Since the 2018 ruling Martin v. Boise, the law regarding homelessness and city ordinances prohibiting camping on public lands has been unsettled.
The 9th Circuit Court of Appeals ruled in Boise that governments cannot criminalize normal human activities, which includes sleeping in public spaces under the 8th Amendment’s prohibition of “cruel and unusual punishment.”
Specifically, the decision determined that towns and cities cannot enforce anti-camping ordinances if they do not have enough homeless shelter beds available for their homeless population, but it also did not mean that a city could not enforce any restrictions on camping on public property. Instead, it left the definition nebulous and did not decide whether it would be legal to limit on which public properties or during what hours camping or sleeping could be banned.
Boise only applied to the western states in the 9th Circuit’s district, which includes Arizona. The U.S. Supreme Court declined to take up an appeal, letting the circuit ruling stand.
Last week, however, the Supreme Court took up a similar 9th Circuit case involving Grants Pass, Ore., which has a homeless population about the same size as that in Boise, despite the city being six times smaller and imposing stiffer penalties for violations of its anti-camping ordinance.
Audio of Oral Argument in City of Grants Pass, Oregon v. Johnson
The town impose a $295 fine for camping in public, increasing to over $500 if unpaid. After two citations, police ban individuals from city property, resulting in a possible conviction for trespassing, which can lead to 30 days in jail and another $1,250 fine.

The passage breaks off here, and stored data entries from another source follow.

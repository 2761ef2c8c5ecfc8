-- ===== src/Content/Browse/Pages.antt =====
-- The pages of GET /browse (src/tessera/handlers_content.py) against the models table.
use tessera_server.Common.Table.Laws.{All-select}
use tessera_server.Common.{
  ℕ, zero, suc, ◌+◌, ◌*◌, ◌-◌, ◌≤◌, ◌≡◌, ◌≢◌, ◌⊎◌, ◌↔◌, refl, sym, ap, ◌∙◌, String, Bool, true,
  false, ◌&&◌, ◌||◌, not, List, [], ◌∷◌, ◌++◌, arith, length, take, drop, ltb, ◌==◌, Bool-cases,
  inl, inr,
}
use tessera_server.Common.Int.{ℤ, pos_part, neg_part, ◌<ℤ◌, eq_of_parts}
use tessera_server.Common.Table.{select, count_where, exists_where}
use tessera_server.Common.Sort.{
  order_by, page_of, first_pages, first_pages_lem, Reordering, IsOrdered, IsKeyedBy,
  select-Reordering, count_where-Reordering, count_where-order_by, length-order_by,
  order_by-IsOrdered, order_by-Reordering,
}
use tessera_server.Config.{TesseraConfig}
use tessera_server.Db.{Db, Model}
use tessera_server.Social.Reporting.Threshold.{is_shown}
use tessera_server.Content.{Query}
use tessera_server.Content.Browse.{
  Order, newest, top, newest_first, top_first, may_precede, is_listed, listing, BrowseRequest,
  browse_request, browse_rows, handle_browse,
}

may_precede_total :
    (order : Order) (a b : Model) → may_precede order a b ≡ false → may_precede order b a ≡ true
may_precede_total newest a b h = ground arith
may_precede_total top a b h = ground arith

newest_numbers :
    (ta ia tb ib tc ic : ℕ)
    → (ltb tb ta || (ta == tb && not (ltb ia ib))) ≡ true
    → (ltb tc tb || (tb == tc && not (ltb ib ic))) ≡ true
    → (ltb tc ta || (ta == tc && not (ltb ia ic))) ≡ true
newest_numbers ta ia tb ib tc ic h k = ground arith

newest_first_trans :
    (a b c : Model) → newest_first a b ≡ true → newest_first b c ≡ true → newest_first a c ≡ true
newest_first_trans a b c = newest_numbers a.created_at a.id b.created_at b.id c.created_at c.id

top_first_iff :
    (a b : Model)
    → (top_first a b ≡ true)
      ↔ ((b.score <ℤ a.score) ⊎ ((a.score ≡ b.score) × (newest_first a b ≡ true)))
top_first_iff a b = scores a.score b.score (newest_first a b)
  where
    scores :
        (x y : ℤ) (n : Bool)
        → ((ltb (pos_part y + neg_part x) (pos_part x + neg_part y)
              || (not (ltb (pos_part x + neg_part y) (pos_part y + neg_part x)) && n))
            ≡ true)
          ↔ ((y <ℤ x) ⊎ ((x ≡ y) × (n ≡ true)))
    scores x y n = ground (arith, eq_of_parts x y)

lex_trans :
    (x y z : ℤ) (P Q R : Type 0)
    → (P → Q → R)
    → (y <ℤ x) ⊎ ((x ≡ y) × P)
    → (z <ℤ y) ⊎ ((y ≡ z) × Q)
    → (z <ℤ x) ⊎ ((x ≡ z) × R)
lex_trans x y z P Q R f (inl h) (inl k) = inl (omega arith)
lex_trans x y z P Q R f (inl h) (inr (e, q)) = inl (rw (← e) h)
lex_trans x y z P Q R f (inr (e, p)) (inl k) = inl (rw e k)
lex_trans x y z P Q R f (inr (e, p)) (inr (g, q)) = inr (e ∙ g, f p q)

may_precede_trans :
    (order : Order) (a b c : Model)
    → may_precede order a b ≡ true
    → may_precede order b c ≡ true
    → may_precede order a c ≡ true
may_precede_trans newest a b c h k = newest_first_trans a b c h k
may_precede_trans top a b c h k = (top_first_iff a c).1 (
    lex_trans a.score b.score c.score (newest_first a b ≡ true) (newest_first b c ≡ true)
      (newest_first a c ≡ true) (newest_first_trans a b c) ((top_first_iff a b).0 h)
      ((top_first_iff b c).0 k))

may_precede_antisymm :
    (order : Order) (a b : Model)
    → may_precede order a b ≡ true
    → may_precede order b a ≡ true
    → a.id ≡ b.id
may_precede_antisymm newest a b h k = ground arith
may_precede_antisymm top a b h k = ground arith

module _ {ℓ} {A : Type ℓ} where
  count_where-select :
      (p q : A → Bool) (xs : List A)
      → count_where p (select q xs) ≡ count_where (λ x. q x && p x) xs
  count_where-select p q [] = refl
  count_where-select p q (x ∷ xs) = ground (arith, count_where-select p q xs)

  length-select : (q : A → Bool) (xs : List A) → length (select q xs) ≡ count_where q xs
  length-select q [] = refl
  length-select q (x ∷ xs) = ground (arith, length-select q xs)

  take_all : (n : ℕ) (xs : List A) → length xs ≤ n → take n xs ≡ xs
  take_all zero [] h = refl
  take_all zero (x ∷ xs) h = absurd (omega arith)
  take_all (suc n) [] h = refl
  take_all (suc n) (x ∷ xs) h = ap (λ (t : List A). x ∷ t) (take_all n xs (omega arith))

  count_where-take :
      (p : A → Bool) (n : ℕ) (xs : List A) → count_where p (take n xs) ≤ count_where p xs
  count_where-take p zero xs = omega arith
  count_where-take p (suc n) [] = omega arith
  count_where-take p (suc n) (x ∷ xs) = omega (arith, count_where-take p n xs)

  count_where-drop :
      (p : A → Bool) (n : ℕ) (xs : List A) → count_where p (drop n xs) ≤ count_where p xs
  count_where-drop p zero xs = omega arith
  count_where-drop p (suc n) [] = omega arith
  count_where-drop p (suc n) (x ∷ xs) = omega (arith, count_where-drop p n xs)

module _ (order : Order) (kind : String) (models : List Model) where
  -- The rows of the first `count` pages of `per_page` rows, one page behind the other.
  abbrev pub browsed : ℕ → ℕ → List Model
  browsed per_page zero = []
  browsed per_page (suc count) =
      browsed per_page count
      ++ browse_rows (record { page = suc count; per_page = per_page; order = order; kind = kind })
          models

  browsed-first_pages :
      (per_page count : ℕ)
      → browsed per_page count ≡ first_pages per_page count (listing order kind models)
  unfolding browse_rows
  browsed-first_pages per_page zero = refl
  browsed-first_pages per_page (suc n) =
      ap (λ (t : List Model). t ++ page_of per_page (suc n) (listing order kind models))
        (browsed-first_pages per_page n)

  browsed_lem :
      (per_page count : ℕ)
      → browsed per_page count ≡ take (count * per_page) (listing order kind models)
  browsed_lem per_page count =
      browsed-first_pages per_page count
      ∙ first_pages_lem per_page count (listing order kind models)

  length-listing : length (listing order kind models) ≡ count_where (is_listed kind) models
  unfolding listing
  length-listing =
      length-order_by (may_precede order) (select (is_listed kind) models)
      ∙ length-select (is_listed kind) models

  browsed-listing :
      (per_page count : ℕ)
      → count_where (is_listed kind) models ≤ count * per_page
      → browsed per_page count ≡ listing order kind models
  browsed-listing per_page count enough =
      browsed_lem per_page count ∙ take_all _ _ (rw length-listing enough)

  -- Enough pages show every listed row, as often as it is in the table, and no other row; and each
  -- row may stand before all that follow it in the order of the query.
  pub browsed_complete :
      (per_page count : ℕ) (p : Model → Bool)
      → count_where (is_listed kind) models ≤ count * per_page
      → (count_where p (browsed per_page count) ≡ count_where (λ m. is_listed kind m && p m) models)
        × IsOrdered (may_precede order) (browsed per_page count)
  unfolding listing
  browsed_complete per_page count p enough = rw (browsed-listing per_page count enough) (
    count_where-order_by (may_precede order) p (select (is_listed kind) models)
        ∙ count_where-select p (is_listed kind) models,
    order_by-IsOrdered (may_precede order) (may_precede_total order) (may_precede_trans order)
        (select (is_listed kind) models),
  )

not_shown :
    (kind : String) (id : ℕ) (models : List Model)
    → exists_where (is_shown id) models ≡ false
    → count_where (λ m. is_listed kind m && m.id == id) models ≡ 0
not_shown kind id [] h = refl
not_shown kind id (m ∷ models) h = ground (arith, not_shown kind id models)

-- A model that is not public is on no page, whatever the query.
pub unlisted_not_browsed :
    (q : BrowseRequest) (models : List Model) (id : ℕ)
    → exists_where (is_shown id) models ≡ false
    → count_where (λ m. m.id == id) (browse_rows q models) ≡ 0
unfolding browse_rows listing
unlisted_not_browsed q models id hidden =
    let rows = select (is_listed q.kind) models in
    let ordered = order_by (may_precede q.order) rows in
    let skip = (q.page - 1) * q.per_page in
    omega (
      arith,
      count_where-take (λ m. m.id == id) q.per_page (drop skip ordered),
      count_where-drop (λ m. m.id == id) skip ordered,
      count_where-order_by (may_precede q.order) (λ m. m.id == id) rows,
      count_where-select (λ m. m.id == id) (is_listed q.kind) models,
      not_shown q.kind id models hidden,
    )

IsKeyedBy-select :
    {A : Type 0} (q : A → Bool) (key : A → ℕ) (xs : List A)
    → IsKeyedBy key xs
    → IsKeyedBy key (select q xs)
IsKeyedBy-select q key [] h = tt
IsKeyedBy-select q key (x ∷ xs) h = elim (Bool-cases (q x)) [
  | inl e ↦ rw e (All-select (λ y. key x ≢ key y) q xs h.0, IsKeyedBy-select q key xs h.1)
  | inr e ↦ rw e (IsKeyedBy-select q key xs h.1)
]

-- With one row for each id the answer does not depend on the order of the rows in the table.
pub handle_browse-Reordering :
    (cfg : TesseraConfig) (query : Query) (db : Db) (models : List Model)
    → Reordering db.models models
    → IsKeyedBy (λ m. m.id) db.models
    → handle_browse cfg query (record db { models = models }) ≡ handle_browse cfg query db
unfolding handle_browse browse_rows listing
handle_browse-Reordering cfg query db models r keyed =
    let q = browse_request cfg query in
    rw
      (
        sym (count_where-Reordering (is_listed q.kind) r),
        sym (
            order_by-Reordering (may_precede q.order) (may_precede_total q.order)
              (may_precede_trans q.order) (λ m. m.id) (may_precede_antisymm q.order)
              (select-Reordering (is_listed q.kind) r)
              (IsKeyedBy-select (is_listed q.kind) (λ m. m.id) db.models keyed)),
      )
      refl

Based on oral arguments it’s not entirely clear what the higher court may do. According to Amy Howe, writing for SCOTUSblog, the Supreme Court justices were divided on the merits and both the city and the challengers — three homeless residents — had no easy solution.
Grants Pass fines people who are homeless if they use blankets, pillows or cardboard boxes while sleeping within city limits. Lawyers for the city argued the ban applies to everyone, while the challengers argued city ordinances make it a crime to be homeless, violating the 8th Amendment.
Transcript of Oral Argument in City of Grants Pass, Oregon v. Johnson
City-of-Grants-Pass-Oregon-v-JohnsonJustice Brett Kavanaugh asked how reversing Boise and allowing bans would address homelessness, especially if a city still lacked shelter beds, a question to which the city’s attorney didn’t have an answer.
The challengers’ attorney argued that Grants Pass defines a “campsite” as anywhere a homeless person is, meaning they face fines and jail time regardless of where they are on public property.
Key to the challengers’ argument was the 1962 Robinson v. California ruling, which held that California violated the 8th Amendment by making it a crime just to be a drug addict, even if that person had never used drugs in the state. Justices Sonia Sotomayor, Elena Kagan and Ketanji Brown Jackson seemed separately swayed, Howe wrote.
Jackson also noted that Oregon state law mirrors the Boise ruling, prohibiting Grants Pass from banning camping if state law is enforced in the city.
But status and conduct are different, and Chief Justice John Roberts noted that homelessness is not a status, but a condition that can be remedied by finding housing. Justice Samuel Alito observed that while status and conduct differ when it comes to homelessness, conduct and status are linked — finding a shelter bed for a night doesn’t change one’s status as a homeless person.
The justices asked about how affirming or overturning Boise would apply to stealing food, urinating or defecating in public; if Grants Pass could ban camping if a nearby town had a shelter; how police officers implement the ban and take homeless people to that shelter; and what would happen if a homeless person had a pet, but the shelter didn’t allow pets. Simply banning homeless people from camping and jailing or fining them doesn’t take any homeless people off the street or provide a pathway toward permanent housing.
Unlike other cases, in which the oral arguments shed light on how the court may ultimately rule, it’s not clear in this situation how the justices will ultimately decide the case. Without more homeless shelters, transitional and permanent housing the case will only address the symptoms of homelessness, not the causes or possible solutions.
The ruling will likely be issued near the end of the judicial term this summer.